■ ASSIGNMENT ■
Both the line below containing "let (row, found, version, values, _)" and the line containing "(IsKeyed-carried_out id first", along with every line between them, should be repeated exactly; no other line belongs in the answer.

■ RECORDS SHOWN ■

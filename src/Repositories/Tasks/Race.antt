-- ===== src/Repositories/Tasks/Race.antt =====
-- Two writers of one task: the version check of `TaskRepository.transition`.
use software_engineering_age.Prelude.{◌+◌, ap, String, ◌≡◌, ◌≢◌, refl, some, arith, eq_iff}
use software_engineering_age.Domain.{TaskStatus, TaskView}
use software_engineering_age.Effects.{ok, err, invalid_state_transition, ◌>>=◌}
use software_engineering_age.Lifecycle.{validate_transition}
use software_engineering_age.Table.{find, IsKeyed, update_where, find-key, IsKeyed-update_where}
use software_engineering_age.Models.{TaskRow, World}
use software_engineering_age.Repositories.Tasks.{
  task_key, task_values, Claim, Changes, claim_transition, commit_transition, apply_values,
  is_version, task_view, TaskValues,
}
use software_engineering_age.Repositories.Tasks.Transition.{
  count_where-find, commit_transition_ok, find-apply_values,
}

-- What a successful claim says: the task's row, and its version.
pub claim_row :
    (id : String) (target : TaskStatus) (changes : Changes) (w : World) (claim : Claim)
    → (claim_transition id target changes w).0 ≡ ok claim
    → (row : TaskRow) × (find task_key id w.tasks ≡ some row)
      × (row.version ≡ claim.expected_version)
      × (claim.values ≡ task_values row target changes w.now)
      × (validate_transition row.status target ≡ ok tt)
unfolding claim_transition ◌>>=◌
claim_row id target changes w claim h = ground arith

-- The statement of a claim whose version another write has overtaken writes nothing.
pub commit_transition_stale :
    (id : String) (claim : Claim) (w : World) (row : TaskRow)
    → IsKeyed task_key w.tasks
    → find task_key id w.tasks ≡ some row
    → row.version ≢ claim.expected_version
    → commit_transition id claim w
      ≡ (err (invalid_state_transition "task changed concurrently; retry from fresh state"), w)
unfolding commit_transition
commit_transition_stale id claim w row keyed found stale =
    ground (arith, count_where-find id claim.expected_version w.tasks keyed)

abbrev carried_out : String → Claim → World → World
carried_out id claim w = record w {
  tasks = update_where (is_version id claim.expected_version) (apply_values claim.values) w.tasks;
}

IsKeyed-carried_out :
    (id : String) (claim : Claim) (w : World)
    → IsKeyed task_key w.tasks
    → IsKeyed task_key (carried_out id claim w).tasks
IsKeyed-carried_out id claim w =
    IsKeyed-update_where task_key (is_version id claim.expected_version) (apply_values claim.values)
      (λ r. refl) w.tasks

carried_out_found :
    (id : String) (claim : Claim) (w : World) (row : TaskRow)
    → find task_key id w.tasks ≡ some row
    → row.version ≡ claim.expected_version
    → find task_key id (carried_out id claim w).tasks ≡ some (apply_values claim.values row)
carried_out_found id claim w row found version = ground (
  arith,
  find-apply_values id id claim w.tasks,
  find-key task_key id w.tasks row found,
  eq_iff row.id id,
)

-- A second claim on the row that the first one read is outdated once the first is carried out.
outdated :
    (first second : Claim) (row row' : TaskRow)
    → some row ≡ some row'
    → first.values.version ≡ row.version + 1
    → row'.version ≡ second.expected_version
    → (apply_values first.values row).version ≢ second.expected_version
outdated first second row row' same values version = ground arith

-- On a table with one row to an id, two connections read one task and both find their transition
-- allowed. The one that writes first succeeds, and the other is refused and writes nothing,
-- whatever the two targets are.
pub one_writer_wins :
    (id : String) (t₁ t₂ : TaskStatus) (ch₁ ch₂ : Changes) (w : World) (first second : Claim)
    → IsKeyed task_key w.tasks
    → (claim_transition id t₁ ch₁ w).0 ≡ ok first
    → (claim_transition id t₂ ch₂ w).0 ≡ ok second
    → let (r, w') = commit_transition id first w in
      ((v : TaskView) × (r ≡ ok v) × (v.status ≡ t₁))
      × (commit_transition id second w' ≡ (
        err (invalid_state_transition "task changed concurrently; retry from fresh state"),
        w',
      ))
one_writer_wins id t₁ t₂ ch₁ ch₂ w first second keyed c₁ c₂ =
    let (row, found, version, values, _) = claim_row id t₁ ch₁ w first c₁ in
    let (row', found', version', _, _) = claim_row id t₂ ch₂ w second c₂ in
    let wrote = commit_transition_ok id first w row keyed found version in
    let stale =
      commit_transition_stale id second (carried_out id first w) (apply_values first.values row)
        (IsKeyed-carried_out id first w keyed) (carried_out_found id first w row found version)
        (outdated first second row row' (cc (found, found'))
          (ap (λ (v : TaskValues). v.version) values) version') in
    rw wrote (
      (task_view (apply_values first.values row), refl, ap (λ (v : TaskValues). v.status) values),
      stale,
    )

■ EXERCISE ANSWER ■
    let (row, found, version, values, _) = claim_row id t₁ ch₁ w first c₁ in
    let (row', found', version', _, _) = claim_row id t₂ ch₂ w second c₂ in
    let wrote = commit_transition_ok id first w row keyed found version in
    let stale =
      commit_transition_stale id second (carried_out id first w) (apply_values first.values row)
        (IsKeyed-carried_out id first w keyed) (carried_out_found id first w row found version)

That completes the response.